WHAT TO DO :: Below are some records; quote exactly the lines from the one that contains "pub posted : Bool" through the one that contains "unfoldable pub fill_space", inclusive, and no others.

DATA SUPPLIED ::
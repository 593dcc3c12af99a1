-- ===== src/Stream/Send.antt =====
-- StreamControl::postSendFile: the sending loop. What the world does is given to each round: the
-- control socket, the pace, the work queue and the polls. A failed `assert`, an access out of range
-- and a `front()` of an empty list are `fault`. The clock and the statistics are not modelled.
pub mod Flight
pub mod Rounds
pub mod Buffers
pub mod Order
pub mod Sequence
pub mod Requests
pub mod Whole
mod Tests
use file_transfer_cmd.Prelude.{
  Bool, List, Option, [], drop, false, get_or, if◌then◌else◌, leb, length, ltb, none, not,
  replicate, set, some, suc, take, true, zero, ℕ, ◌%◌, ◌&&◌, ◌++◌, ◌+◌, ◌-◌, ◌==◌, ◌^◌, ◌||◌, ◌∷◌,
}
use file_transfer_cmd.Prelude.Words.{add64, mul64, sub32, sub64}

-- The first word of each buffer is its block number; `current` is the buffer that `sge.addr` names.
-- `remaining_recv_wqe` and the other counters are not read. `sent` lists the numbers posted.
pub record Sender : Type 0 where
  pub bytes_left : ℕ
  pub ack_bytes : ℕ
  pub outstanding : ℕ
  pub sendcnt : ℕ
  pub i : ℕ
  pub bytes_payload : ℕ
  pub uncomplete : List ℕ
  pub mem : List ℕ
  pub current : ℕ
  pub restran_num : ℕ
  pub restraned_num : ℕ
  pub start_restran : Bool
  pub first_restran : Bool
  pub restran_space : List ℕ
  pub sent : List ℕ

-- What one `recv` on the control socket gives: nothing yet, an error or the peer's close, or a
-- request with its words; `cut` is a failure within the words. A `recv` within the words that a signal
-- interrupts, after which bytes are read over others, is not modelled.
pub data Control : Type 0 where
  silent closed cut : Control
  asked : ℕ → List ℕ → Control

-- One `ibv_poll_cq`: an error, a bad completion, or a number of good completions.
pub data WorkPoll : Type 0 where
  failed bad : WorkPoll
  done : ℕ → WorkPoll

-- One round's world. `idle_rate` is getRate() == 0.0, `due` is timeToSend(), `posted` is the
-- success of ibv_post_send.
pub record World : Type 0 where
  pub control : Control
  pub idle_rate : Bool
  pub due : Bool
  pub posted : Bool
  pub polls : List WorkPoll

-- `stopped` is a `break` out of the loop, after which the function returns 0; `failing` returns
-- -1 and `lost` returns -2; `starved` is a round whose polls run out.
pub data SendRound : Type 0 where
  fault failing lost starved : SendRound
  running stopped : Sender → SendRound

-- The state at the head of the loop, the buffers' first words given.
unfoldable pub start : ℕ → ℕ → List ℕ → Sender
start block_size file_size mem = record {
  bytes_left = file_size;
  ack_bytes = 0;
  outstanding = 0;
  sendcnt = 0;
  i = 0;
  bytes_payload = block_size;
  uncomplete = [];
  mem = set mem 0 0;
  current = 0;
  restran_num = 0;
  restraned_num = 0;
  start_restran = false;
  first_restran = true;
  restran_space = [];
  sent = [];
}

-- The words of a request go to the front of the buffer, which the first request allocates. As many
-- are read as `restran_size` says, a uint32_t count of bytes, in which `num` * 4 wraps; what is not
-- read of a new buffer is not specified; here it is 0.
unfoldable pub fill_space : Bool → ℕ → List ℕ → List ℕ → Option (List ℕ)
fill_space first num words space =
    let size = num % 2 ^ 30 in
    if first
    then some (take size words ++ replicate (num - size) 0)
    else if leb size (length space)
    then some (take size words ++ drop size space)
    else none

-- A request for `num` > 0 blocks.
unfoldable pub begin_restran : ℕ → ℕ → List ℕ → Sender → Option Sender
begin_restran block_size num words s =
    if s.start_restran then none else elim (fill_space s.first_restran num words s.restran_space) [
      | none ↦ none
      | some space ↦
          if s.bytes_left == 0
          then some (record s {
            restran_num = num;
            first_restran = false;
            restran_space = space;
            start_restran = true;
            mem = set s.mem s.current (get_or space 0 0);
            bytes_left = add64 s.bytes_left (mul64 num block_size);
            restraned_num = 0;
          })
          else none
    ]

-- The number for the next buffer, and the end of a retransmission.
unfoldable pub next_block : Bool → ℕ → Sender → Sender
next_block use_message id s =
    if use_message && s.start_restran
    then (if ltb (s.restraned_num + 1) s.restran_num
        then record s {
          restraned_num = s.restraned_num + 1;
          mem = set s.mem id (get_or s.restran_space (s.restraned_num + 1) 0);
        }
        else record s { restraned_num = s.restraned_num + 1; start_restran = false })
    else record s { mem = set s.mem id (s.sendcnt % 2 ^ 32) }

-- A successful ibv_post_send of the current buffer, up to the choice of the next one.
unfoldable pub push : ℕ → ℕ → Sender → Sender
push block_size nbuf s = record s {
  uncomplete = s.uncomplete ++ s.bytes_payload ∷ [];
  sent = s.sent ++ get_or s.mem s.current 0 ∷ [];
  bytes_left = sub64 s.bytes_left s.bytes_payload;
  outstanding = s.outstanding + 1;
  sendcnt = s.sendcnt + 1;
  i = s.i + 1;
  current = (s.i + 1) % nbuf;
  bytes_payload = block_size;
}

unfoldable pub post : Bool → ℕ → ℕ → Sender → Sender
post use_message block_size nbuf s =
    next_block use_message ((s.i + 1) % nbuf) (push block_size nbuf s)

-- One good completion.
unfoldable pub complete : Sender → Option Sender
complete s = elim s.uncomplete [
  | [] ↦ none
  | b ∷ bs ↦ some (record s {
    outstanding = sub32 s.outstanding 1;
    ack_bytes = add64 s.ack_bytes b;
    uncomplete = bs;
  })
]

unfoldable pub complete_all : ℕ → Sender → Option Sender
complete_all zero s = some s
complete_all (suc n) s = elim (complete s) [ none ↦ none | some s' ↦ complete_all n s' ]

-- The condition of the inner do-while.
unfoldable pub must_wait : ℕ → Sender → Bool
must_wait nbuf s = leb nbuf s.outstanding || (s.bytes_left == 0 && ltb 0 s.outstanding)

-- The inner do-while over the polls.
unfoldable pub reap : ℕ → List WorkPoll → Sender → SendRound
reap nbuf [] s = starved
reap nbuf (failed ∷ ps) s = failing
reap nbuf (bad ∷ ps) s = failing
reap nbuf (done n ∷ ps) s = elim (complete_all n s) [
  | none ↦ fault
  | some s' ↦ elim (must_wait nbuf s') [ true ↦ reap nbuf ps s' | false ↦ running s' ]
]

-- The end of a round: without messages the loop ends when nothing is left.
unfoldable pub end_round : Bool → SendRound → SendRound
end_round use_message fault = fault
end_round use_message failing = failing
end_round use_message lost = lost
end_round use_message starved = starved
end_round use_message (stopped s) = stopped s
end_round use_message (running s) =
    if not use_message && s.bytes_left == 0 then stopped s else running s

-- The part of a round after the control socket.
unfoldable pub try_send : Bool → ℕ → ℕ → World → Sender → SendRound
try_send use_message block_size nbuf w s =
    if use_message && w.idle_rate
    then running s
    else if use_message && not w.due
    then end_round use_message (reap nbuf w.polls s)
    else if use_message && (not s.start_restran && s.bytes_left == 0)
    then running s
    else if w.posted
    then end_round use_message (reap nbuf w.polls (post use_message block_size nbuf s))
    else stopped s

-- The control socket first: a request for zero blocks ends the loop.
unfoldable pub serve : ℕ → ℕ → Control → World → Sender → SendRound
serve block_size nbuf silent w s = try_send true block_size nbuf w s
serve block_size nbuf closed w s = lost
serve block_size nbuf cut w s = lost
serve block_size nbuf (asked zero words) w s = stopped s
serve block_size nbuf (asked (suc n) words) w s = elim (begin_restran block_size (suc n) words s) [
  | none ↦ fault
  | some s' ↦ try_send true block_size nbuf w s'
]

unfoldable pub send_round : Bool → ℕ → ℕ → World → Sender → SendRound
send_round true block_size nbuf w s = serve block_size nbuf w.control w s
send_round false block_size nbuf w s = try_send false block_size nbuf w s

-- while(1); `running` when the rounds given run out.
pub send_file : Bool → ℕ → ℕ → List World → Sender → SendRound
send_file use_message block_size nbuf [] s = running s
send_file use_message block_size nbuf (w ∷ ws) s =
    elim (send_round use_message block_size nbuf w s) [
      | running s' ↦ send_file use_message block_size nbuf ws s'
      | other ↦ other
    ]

==

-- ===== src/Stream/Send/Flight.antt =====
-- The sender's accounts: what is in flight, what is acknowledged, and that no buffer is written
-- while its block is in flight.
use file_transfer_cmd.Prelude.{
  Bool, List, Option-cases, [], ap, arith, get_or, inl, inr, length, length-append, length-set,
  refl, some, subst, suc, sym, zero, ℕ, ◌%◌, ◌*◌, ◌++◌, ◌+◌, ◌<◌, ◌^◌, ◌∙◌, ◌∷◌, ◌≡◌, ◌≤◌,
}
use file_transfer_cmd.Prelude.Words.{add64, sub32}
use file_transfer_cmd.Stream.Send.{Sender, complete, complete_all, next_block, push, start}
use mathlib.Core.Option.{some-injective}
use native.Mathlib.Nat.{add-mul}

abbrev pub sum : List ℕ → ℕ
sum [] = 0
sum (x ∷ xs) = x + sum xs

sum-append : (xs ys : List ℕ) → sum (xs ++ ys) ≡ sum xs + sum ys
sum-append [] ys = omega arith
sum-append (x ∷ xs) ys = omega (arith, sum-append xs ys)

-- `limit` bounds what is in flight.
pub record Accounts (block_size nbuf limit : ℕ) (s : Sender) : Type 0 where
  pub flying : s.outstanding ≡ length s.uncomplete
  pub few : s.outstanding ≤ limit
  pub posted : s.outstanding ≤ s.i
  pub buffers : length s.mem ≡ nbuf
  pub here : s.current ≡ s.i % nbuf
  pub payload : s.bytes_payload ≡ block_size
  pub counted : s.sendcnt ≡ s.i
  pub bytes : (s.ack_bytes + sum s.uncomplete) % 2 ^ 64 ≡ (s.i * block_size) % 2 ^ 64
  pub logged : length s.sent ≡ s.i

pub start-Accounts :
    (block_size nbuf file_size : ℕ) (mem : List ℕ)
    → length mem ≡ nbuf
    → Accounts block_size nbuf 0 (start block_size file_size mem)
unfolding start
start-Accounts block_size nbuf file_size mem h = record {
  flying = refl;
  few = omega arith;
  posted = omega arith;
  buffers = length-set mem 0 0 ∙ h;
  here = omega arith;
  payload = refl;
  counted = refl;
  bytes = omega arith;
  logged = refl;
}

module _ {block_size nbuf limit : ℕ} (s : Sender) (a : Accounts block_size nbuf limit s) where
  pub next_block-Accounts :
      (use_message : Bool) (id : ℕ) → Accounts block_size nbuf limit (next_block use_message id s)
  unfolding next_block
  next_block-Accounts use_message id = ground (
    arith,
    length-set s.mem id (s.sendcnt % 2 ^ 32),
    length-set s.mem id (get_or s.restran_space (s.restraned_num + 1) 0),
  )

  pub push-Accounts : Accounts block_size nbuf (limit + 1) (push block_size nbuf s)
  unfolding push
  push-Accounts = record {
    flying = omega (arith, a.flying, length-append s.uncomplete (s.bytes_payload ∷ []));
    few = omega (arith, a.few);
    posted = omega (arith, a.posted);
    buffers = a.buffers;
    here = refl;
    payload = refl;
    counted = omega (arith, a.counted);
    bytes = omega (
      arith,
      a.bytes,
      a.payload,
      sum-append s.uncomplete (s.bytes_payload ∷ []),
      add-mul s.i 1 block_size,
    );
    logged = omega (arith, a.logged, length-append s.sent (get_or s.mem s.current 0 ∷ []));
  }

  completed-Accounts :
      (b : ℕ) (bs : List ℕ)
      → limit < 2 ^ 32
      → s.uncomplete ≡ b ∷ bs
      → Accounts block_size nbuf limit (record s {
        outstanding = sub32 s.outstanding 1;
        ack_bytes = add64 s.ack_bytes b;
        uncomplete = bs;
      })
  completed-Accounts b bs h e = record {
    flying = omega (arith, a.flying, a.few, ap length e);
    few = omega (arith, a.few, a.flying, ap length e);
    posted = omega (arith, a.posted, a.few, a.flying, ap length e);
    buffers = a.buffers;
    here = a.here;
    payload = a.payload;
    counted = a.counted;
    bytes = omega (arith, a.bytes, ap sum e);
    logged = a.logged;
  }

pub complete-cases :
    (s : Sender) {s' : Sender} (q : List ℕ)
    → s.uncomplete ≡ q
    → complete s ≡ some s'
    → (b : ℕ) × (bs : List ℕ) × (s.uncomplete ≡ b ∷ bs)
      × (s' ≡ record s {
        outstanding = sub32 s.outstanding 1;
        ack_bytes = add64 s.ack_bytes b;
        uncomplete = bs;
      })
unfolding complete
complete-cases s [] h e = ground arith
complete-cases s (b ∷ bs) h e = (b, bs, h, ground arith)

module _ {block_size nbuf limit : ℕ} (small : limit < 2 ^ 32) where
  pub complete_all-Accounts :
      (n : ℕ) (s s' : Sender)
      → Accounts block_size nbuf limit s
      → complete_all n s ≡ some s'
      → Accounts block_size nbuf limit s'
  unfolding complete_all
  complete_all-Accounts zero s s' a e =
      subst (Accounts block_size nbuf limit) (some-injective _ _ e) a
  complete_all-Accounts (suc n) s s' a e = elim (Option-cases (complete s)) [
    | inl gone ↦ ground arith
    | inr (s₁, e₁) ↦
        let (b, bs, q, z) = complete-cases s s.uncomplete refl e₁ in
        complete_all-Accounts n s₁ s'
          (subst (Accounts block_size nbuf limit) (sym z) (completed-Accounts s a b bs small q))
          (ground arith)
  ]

--

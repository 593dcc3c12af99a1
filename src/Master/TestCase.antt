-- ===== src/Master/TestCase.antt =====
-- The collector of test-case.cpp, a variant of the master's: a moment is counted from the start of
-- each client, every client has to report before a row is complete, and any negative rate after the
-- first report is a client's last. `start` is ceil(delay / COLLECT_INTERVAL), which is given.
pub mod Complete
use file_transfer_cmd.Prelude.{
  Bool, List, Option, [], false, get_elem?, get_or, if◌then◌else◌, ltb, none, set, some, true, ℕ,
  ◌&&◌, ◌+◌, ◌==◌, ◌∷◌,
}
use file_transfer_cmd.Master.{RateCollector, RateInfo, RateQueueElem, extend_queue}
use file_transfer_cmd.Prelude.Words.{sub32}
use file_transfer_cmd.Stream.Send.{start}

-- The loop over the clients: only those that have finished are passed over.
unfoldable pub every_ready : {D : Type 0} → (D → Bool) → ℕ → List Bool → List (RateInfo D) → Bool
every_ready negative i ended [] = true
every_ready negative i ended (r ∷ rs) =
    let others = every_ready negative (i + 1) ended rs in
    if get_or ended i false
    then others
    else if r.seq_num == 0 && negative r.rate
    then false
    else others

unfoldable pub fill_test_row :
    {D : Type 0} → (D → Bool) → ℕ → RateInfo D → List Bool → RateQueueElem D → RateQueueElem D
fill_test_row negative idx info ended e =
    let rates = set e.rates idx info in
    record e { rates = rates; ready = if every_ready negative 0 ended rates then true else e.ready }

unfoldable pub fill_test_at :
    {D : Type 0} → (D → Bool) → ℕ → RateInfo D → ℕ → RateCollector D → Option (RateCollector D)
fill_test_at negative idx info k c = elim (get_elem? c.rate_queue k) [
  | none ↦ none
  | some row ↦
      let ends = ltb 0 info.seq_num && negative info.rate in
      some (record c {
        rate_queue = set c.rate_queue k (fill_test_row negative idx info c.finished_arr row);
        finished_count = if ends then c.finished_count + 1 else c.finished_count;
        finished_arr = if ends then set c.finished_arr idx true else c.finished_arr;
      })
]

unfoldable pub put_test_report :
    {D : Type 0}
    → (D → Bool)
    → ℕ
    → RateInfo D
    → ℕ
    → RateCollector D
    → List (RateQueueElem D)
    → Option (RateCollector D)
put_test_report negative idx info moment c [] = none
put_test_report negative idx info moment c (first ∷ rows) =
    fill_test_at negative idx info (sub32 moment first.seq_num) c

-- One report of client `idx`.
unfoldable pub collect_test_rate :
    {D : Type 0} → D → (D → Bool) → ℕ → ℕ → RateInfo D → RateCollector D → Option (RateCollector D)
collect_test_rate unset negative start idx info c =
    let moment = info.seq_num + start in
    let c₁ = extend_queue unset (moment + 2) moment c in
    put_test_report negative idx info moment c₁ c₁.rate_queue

ANSWER TO THE PROBLEM ::
  pub posted : Bool
  pub polls : List WorkPoll

-- `stopped` is a `break` out of the loop, after which the function returns 0; `failing` returns
-- -1 and `lost` returns -2; `starved` is a round whose polls run out.
pub data SendRound : Type 0 where
  fault failing lost starved : SendRound
  running stopped : Sender → SendRound

-- The state at the head of the loop, the buffers' first words given.
unfoldable pub start : ℕ → ℕ → List ℕ → Sender
start block_size file_size mem = record {
  bytes_left = file_size;
  ack_bytes = 0;
  outstanding = 0;
  sendcnt = 0;
  i = 0;
  bytes_payload = block_size;
  uncomplete = [];
  mem = set mem 0 0;
  current = 0;
  restran_num = 0;
  restraned_num = 0;
  start_restran = false;
  first_restran = true;
  restran_space = [];
  sent = [];
}

-- The words of a request go to the front of the buffer, which the first request allocates. As many
-- are read as `restran_size` says, a uint32_t count of bytes, in which `num` * 4 wraps; what is not
-- read of a new buffer is not specified; here it is 0.
unfoldable pub fill_space : Bool → ℕ → List ℕ → List ℕ → Option (List ℕ)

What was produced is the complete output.